Reputation: 445
I have a MySQL table as shown below:
ID | article | price | promo_price | delivery_days | stock | received_on
17591 03D/6H 3082.00 1716.21 30 0 2019-03-20
29315 03D/6H 3082.00 1716.21 26 0 2019-03-24
47796 03D/6H 3082.00 1716.21 24 0 2019-03-25
22016 L1620S 685.00 384.81 0 3 2019-03-20
35043 L1620S 685.00 384.81 0 2 2019-03-24
53731 L1620S 685.00 384.81 0 2 2019-03-25
I created a pivot table to monitor the stock data.
md = df.pivot_table(
values='stock',
index=['article','price', 'promo_price','delivery_days'],
columns='received_on',
aggfunc=np.sum)
dates = md.columns.tolist()
dates.sort(reverse=True)
md = md[dates]
This is the resuslt
+---------------------------------+--------------+--------------+--------------+
| | 2019-03-25 | 2019-03-24 | 2019-03-20 |
|---------------------------------+--------------+--------------+--------------|
| ('03D/6H', 3082.0, 1716.21, 24) | 0 | nan | nan |
| ('03D/6H', 3082.0, 1716.21, 26) | nan | 0 | nan |
| ('03D/6H', 3082.0, 1716.21, 30) | nan | nan | 0 |
| ('L1620S-KD', 685.0, 384.81, 0) | 2 | 2 | 3 |
+---------------------------------+--------------+--------------+--------------+
How do I filter the rows and get the price, promo_price and delivery days of an article based on the recent stock received date?

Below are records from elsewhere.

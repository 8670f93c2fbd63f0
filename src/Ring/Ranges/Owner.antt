-- ===== src/Ring/Ranges/Owner.antt =====
-- A shard map that `validate_shard_ring` of src/ring.rs accepts gives every hash one owner.
use dewdb.Prelude.{
  ℕ, ◌+◌, ◌<◌, ◌≡◌, refl, ◌∙◌, Bool, ◌&&◌, List, [], ◌∷◌, ◌++◌, Bytes, arith, leb, ltb,
  if◌then◌else◌, count,
}
use dewdb.Ring.Ranges.{
  ShardInfo, shard_owns, ring_size, ring_segments, Segment, owned_segments, segments,
  insert_segment, sort_segments, valid, cover, whole_ring, check_cover, validate_shard_ring,
}

abbrev pub covers : ℕ → Segment → Bool
covers h s = leb s.lo h && ltb h s.hi

abbrev AllNonempty : List Segment → Type 0
AllNonempty [] = Unit
AllNonempty (s ∷ xs) = (s.lo < s.hi) × AllNonempty xs

count-insert_segment :
    (p : Segment → Bool) (s : Segment) (xs : List Segment)
    → count p (insert_segment s xs) ≡ count p (s ∷ xs)
unfolding insert_segment
count-insert_segment p s [] = refl
count-insert_segment p s (x ∷ xs) = ground (arith, count-insert_segment p s xs)

count-sort_segments :
    (p : Segment → Bool) (xs : List Segment) → count p (sort_segments xs) ≡ count p xs
unfolding sort_segments
count-sort_segments p [] = refl
count-sort_segments p (s ∷ xs) =
    ground (arith, count-insert_segment p s (sort_segments xs), count-sort_segments p xs)

nonempty-insert :
    (s : Segment) (xs : List Segment)
    → s.lo < s.hi
    → AllNonempty xs
    → AllNonempty (insert_segment s xs)
unfolding insert_segment
nonempty-insert s [] h n = (h, tt)
nonempty-insert s (x ∷ xs) h n = ground (arith, nonempty-insert s xs)

nonempty-sort : (xs : List Segment) → AllNonempty xs → AllNonempty (sort_segments xs)
unfolding sort_segments
nonempty-sort [] n = tt
nonempty-sort (s ∷ xs) n = nonempty-insert s (sort_segments xs) n.0 (nonempty-sort xs n.1)

nonempty-owned : (url : Bytes) (ranges : List (ℕ × ℕ)) → AllNonempty (owned_segments url ranges)
unfolding owned_segments
nonempty-owned url [] = tt
nonempty-owned url ((lo, hi) ∷ rest) = ground (arith, nonempty-owned url rest)

nonempty-append : (xs ys : List Segment) → AllNonempty xs → AllNonempty ys → AllNonempty (xs ++ ys)
nonempty-append [] ys a b = b
nonempty-append (x ∷ xs) ys a b = (a.0, nonempty-append xs ys a.1 b)

nonempty-segments : (shards : List ShardInfo) → AllNonempty (segments shards)
unfolding segments
nonempty-segments [] = tt
nonempty-segments (s ∷ shards) =
    nonempty-append (owned_segments s.node_url (ring_segments s)) (segments shards)
      (nonempty-owned s.node_url (ring_segments s)) (nonempty-segments shards)

pub count-append :
    (p : Segment → Bool) (xs ys : List Segment) → count p (xs ++ ys) ≡ count p xs + count p ys
count-append p [] ys = omega arith
count-append p (x ∷ xs) ys = ground (arith, count-append p xs ys)

-- The ranges of a shard are what it owns, each hash once.
owned_once :
    (s : ShardInfo) (h : ℕ)
    → h < ring_size
    → count (covers h) (owned_segments s.node_url (ring_segments s))
      ≡ (if shard_owns s h then 1 else 0)
unfolding owned_segments ring_segments shard_owns
owned_once s h lt = ground arith

owners_are_segments :
    (shards : List ShardInfo) (h : ℕ)
    → h < ring_size
    → count (covers h) (segments shards) ≡ count (λ s. shard_owns s h) shards
unfolding segments
owners_are_segments [] h lt = refl
owners_are_segments (s ∷ shards) h lt =
    let own = owned_segments s.node_url (ring_segments s) in
    ground (
      arith,
      count-append (covers h) own (segments shards),
      owned_once s h lt,
      owners_are_segments shards h lt,
    )

pub sorted_owners :
    (shards : List ShardInfo) (h : ℕ)
    → h < ring_size
    → count (covers h) (sort_segments (segments shards)) ≡ count (λ s. shard_owns s h) shards
sorted_owners shards h lt =
    count-sort_segments (covers h) (segments shards) ∙ owners_are_segments shards h lt

-- Ranges that the walk accepts cover each hash from the cursor on once, and none below it.
cover_once :
    (cursor : ℕ) (prev : Bytes) (xs : List Segment) (h : ℕ)
    → AllNonempty xs
    → cover cursor prev xs ≡ valid
    → h < ring_size
    → count (covers h) xs ≡ (if leb cursor h then 1 else 0)
unfolding cover
cover_once cursor prev [] h n v lt = ground arith
cover_once cursor prev (s ∷ xs) h n v lt = ground (arith, cover_once s.hi s.owner xs h)

accepted_cover :
    (shards : List ShardInfo)
    → validate_shard_ring shards ≡ valid
    → cover 0 [] (sort_segments (segments shards)) ≡ valid
unfolding validate_shard_ring check_cover
accepted_cover shards v = go (whole_ring shards) refl
  where
    go :
        (full : List ShardInfo)
        → whole_ring shards ≡ full
        → cover 0 [] (sort_segments (segments shards)) ≡ valid
    go [] e = ground arith
    go (f ∷ fs) e = ground arith

pub accepted_has_one_owner :
    (shards : List ShardInfo) (hash : ℕ)
    → validate_shard_ring shards ≡ valid
    → hash < ring_size
    → count (λ s. shard_owns s hash) shards ≡ 1
accepted_has_one_owner shards hash v lt =
    let n = nonempty-sort (segments shards) (nonempty-segments shards) in
    let once =
      cover_once 0 [] (sort_segments (segments shards)) hash n (accepted_cover shards v) lt in
    let same = sorted_owners shards hash lt in ground arith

For ex: I want the stock info for all the days but price, promo_price and delivery days of only 2019-03-25 as shown below
+---------------------------------+--------------+--------------+--------------+
| | 2019-03-25 | 2019-03-24 | 2019-03-20 |
|---------------------------------+--------------+--------------+--------------|
| ('03D/6H', 3082.0, 1716.21, 24) | 0 | nan | nan |
| ('L1620S', 685.0, 384.81, 0) | 2 | 2 | 3 |
+---------------------------------+--------------+--------------+--------------+
EDIT:
If there is no change in price, promo_price and delivery days, I am getting the result as expected. But if there is any change in the values, then I am getting multiple rows for the same article.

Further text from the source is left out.